> **Task prompt**
How many lines in the records below contain the word "subst"? Answer with the number only.

Data extracted from a collection:

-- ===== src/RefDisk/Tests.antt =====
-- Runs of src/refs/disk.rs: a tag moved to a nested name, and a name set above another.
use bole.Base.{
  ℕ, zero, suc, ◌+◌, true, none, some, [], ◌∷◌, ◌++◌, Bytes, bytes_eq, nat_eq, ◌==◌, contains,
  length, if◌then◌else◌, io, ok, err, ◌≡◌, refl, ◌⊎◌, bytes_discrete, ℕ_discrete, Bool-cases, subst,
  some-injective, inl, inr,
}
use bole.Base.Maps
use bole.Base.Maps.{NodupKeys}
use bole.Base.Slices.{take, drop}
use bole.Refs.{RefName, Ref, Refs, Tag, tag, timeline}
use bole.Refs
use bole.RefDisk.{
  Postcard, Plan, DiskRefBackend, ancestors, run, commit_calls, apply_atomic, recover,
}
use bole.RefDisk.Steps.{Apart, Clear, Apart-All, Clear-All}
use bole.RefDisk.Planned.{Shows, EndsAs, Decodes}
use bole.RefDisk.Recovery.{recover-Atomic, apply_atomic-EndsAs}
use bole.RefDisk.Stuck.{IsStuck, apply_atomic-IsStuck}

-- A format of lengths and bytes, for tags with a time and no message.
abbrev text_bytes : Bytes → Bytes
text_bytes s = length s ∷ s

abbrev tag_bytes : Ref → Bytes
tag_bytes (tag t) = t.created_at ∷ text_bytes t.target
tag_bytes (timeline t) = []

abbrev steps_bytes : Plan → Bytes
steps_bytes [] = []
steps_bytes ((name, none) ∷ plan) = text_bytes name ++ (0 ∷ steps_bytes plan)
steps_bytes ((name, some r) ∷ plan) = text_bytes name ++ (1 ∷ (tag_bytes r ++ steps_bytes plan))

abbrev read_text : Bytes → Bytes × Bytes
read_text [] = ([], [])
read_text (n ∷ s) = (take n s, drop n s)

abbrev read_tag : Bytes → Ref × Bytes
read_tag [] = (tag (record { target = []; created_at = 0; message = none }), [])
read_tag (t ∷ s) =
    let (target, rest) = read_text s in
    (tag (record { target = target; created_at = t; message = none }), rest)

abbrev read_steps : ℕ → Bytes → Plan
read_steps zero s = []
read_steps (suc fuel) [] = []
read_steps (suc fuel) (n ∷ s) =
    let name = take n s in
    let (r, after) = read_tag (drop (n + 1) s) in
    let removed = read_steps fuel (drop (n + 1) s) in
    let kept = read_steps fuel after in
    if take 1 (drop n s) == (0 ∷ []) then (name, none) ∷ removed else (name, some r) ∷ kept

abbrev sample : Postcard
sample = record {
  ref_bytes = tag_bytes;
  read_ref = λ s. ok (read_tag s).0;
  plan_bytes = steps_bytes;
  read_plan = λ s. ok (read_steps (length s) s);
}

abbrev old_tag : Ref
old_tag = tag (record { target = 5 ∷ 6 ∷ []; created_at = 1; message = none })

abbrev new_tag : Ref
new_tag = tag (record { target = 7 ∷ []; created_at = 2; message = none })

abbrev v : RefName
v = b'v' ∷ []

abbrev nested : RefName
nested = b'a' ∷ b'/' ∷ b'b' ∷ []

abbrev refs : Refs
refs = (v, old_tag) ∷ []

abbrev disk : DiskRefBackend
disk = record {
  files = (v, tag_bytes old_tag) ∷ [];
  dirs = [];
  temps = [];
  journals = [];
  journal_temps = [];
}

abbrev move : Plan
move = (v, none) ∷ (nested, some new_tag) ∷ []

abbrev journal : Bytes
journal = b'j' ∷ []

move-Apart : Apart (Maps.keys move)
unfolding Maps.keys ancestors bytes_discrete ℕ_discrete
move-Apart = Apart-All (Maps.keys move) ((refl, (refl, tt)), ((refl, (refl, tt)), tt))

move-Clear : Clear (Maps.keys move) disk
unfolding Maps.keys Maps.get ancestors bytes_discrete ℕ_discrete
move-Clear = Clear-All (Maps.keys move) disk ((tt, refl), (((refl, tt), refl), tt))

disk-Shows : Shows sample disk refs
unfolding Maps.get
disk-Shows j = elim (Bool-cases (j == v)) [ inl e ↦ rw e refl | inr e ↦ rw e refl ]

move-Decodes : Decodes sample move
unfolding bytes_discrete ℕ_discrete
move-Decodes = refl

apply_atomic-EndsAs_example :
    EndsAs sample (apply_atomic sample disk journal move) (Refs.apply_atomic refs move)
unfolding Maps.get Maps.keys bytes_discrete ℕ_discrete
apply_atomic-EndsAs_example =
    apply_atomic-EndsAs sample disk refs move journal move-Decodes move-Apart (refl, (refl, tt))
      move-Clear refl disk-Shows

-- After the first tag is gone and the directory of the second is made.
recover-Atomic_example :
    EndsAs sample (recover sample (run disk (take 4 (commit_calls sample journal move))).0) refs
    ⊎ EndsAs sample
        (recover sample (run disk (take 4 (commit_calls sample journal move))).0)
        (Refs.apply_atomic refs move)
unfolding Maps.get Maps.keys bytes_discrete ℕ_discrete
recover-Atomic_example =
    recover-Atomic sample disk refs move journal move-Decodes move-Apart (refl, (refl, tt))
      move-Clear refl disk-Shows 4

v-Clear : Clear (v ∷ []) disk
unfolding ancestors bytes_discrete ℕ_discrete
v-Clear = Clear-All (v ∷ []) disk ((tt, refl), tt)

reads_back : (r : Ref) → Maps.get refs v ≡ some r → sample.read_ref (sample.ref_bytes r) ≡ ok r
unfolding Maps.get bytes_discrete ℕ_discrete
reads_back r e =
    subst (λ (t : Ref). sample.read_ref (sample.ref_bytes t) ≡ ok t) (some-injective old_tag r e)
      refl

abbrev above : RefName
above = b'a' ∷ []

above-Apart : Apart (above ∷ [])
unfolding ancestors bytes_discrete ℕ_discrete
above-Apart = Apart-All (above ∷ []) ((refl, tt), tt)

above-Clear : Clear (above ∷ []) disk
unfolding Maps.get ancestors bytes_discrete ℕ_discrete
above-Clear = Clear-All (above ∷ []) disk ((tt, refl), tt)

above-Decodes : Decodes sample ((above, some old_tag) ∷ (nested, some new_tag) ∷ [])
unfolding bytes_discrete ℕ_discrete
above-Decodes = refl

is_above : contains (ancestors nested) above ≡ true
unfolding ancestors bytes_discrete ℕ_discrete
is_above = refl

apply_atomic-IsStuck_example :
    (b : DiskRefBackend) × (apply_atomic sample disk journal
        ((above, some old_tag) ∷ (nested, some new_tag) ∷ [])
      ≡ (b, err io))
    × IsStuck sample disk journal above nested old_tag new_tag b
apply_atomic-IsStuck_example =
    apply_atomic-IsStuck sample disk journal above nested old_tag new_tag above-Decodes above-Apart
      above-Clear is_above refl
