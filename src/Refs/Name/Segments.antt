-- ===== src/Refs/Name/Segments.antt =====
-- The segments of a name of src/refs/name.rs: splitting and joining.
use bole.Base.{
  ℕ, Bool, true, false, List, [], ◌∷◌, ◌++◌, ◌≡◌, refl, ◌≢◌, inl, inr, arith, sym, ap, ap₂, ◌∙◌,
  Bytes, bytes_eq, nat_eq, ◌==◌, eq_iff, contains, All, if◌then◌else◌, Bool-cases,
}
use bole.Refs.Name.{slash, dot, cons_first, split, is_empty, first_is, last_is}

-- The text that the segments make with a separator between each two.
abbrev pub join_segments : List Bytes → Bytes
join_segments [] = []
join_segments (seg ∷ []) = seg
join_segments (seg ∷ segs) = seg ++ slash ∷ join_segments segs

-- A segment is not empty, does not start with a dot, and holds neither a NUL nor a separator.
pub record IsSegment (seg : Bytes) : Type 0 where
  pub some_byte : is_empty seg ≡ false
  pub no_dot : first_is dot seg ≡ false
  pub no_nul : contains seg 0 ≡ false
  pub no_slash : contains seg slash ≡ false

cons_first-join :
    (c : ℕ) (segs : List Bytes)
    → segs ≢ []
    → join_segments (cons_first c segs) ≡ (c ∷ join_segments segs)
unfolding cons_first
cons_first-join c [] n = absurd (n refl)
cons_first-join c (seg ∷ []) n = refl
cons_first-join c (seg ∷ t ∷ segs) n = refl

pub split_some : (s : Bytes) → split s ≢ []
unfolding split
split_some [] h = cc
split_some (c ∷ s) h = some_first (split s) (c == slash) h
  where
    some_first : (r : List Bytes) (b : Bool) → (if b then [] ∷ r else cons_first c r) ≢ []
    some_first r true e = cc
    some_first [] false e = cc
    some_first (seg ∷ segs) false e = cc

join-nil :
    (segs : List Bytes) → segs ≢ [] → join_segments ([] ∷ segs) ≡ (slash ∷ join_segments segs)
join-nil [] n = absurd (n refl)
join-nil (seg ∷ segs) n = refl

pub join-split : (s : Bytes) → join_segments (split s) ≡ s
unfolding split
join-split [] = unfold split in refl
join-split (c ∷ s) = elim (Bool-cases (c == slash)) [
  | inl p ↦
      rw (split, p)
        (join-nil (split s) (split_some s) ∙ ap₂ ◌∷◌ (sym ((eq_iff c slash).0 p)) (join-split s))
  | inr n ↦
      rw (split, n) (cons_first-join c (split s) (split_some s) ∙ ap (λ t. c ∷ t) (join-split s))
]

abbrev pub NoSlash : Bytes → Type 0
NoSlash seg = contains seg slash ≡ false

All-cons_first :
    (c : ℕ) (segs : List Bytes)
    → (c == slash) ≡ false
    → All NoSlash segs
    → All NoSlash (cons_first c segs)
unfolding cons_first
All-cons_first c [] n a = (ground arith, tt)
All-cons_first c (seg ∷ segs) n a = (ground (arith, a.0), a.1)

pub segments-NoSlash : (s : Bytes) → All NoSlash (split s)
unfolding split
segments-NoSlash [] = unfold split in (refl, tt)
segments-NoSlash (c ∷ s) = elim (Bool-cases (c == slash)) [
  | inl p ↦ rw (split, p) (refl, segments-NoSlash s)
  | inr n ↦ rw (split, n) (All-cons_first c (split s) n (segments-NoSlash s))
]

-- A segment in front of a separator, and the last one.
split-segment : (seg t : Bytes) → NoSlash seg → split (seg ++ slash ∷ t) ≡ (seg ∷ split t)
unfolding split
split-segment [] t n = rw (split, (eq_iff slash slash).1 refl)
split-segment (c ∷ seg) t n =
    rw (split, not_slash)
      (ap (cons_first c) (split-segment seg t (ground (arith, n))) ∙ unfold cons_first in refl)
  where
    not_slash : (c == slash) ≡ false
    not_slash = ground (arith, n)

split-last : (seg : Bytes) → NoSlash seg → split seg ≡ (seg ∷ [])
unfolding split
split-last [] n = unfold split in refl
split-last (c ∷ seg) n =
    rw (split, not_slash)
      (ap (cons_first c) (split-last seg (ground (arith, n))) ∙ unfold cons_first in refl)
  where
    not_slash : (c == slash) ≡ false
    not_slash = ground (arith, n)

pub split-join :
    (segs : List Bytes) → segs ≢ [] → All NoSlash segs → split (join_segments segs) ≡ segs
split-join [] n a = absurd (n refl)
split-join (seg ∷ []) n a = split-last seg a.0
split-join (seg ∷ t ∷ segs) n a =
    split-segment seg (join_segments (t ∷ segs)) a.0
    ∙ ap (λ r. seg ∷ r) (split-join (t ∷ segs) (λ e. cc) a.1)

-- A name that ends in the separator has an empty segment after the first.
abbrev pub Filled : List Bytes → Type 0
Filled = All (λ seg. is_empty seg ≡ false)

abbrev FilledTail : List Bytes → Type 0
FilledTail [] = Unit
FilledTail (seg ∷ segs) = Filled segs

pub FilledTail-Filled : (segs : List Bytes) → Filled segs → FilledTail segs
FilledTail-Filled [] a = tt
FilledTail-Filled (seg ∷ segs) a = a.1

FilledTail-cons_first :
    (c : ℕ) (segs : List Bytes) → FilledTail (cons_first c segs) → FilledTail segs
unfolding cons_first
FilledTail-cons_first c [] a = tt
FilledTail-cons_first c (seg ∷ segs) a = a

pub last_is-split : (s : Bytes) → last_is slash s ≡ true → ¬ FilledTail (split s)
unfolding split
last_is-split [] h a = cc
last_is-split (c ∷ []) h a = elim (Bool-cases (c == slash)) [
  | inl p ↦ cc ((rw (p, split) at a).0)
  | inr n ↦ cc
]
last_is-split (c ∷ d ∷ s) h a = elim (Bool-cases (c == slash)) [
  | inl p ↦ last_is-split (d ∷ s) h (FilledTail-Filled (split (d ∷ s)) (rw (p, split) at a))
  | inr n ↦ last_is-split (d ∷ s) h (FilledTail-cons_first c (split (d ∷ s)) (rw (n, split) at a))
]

> **Task output**
2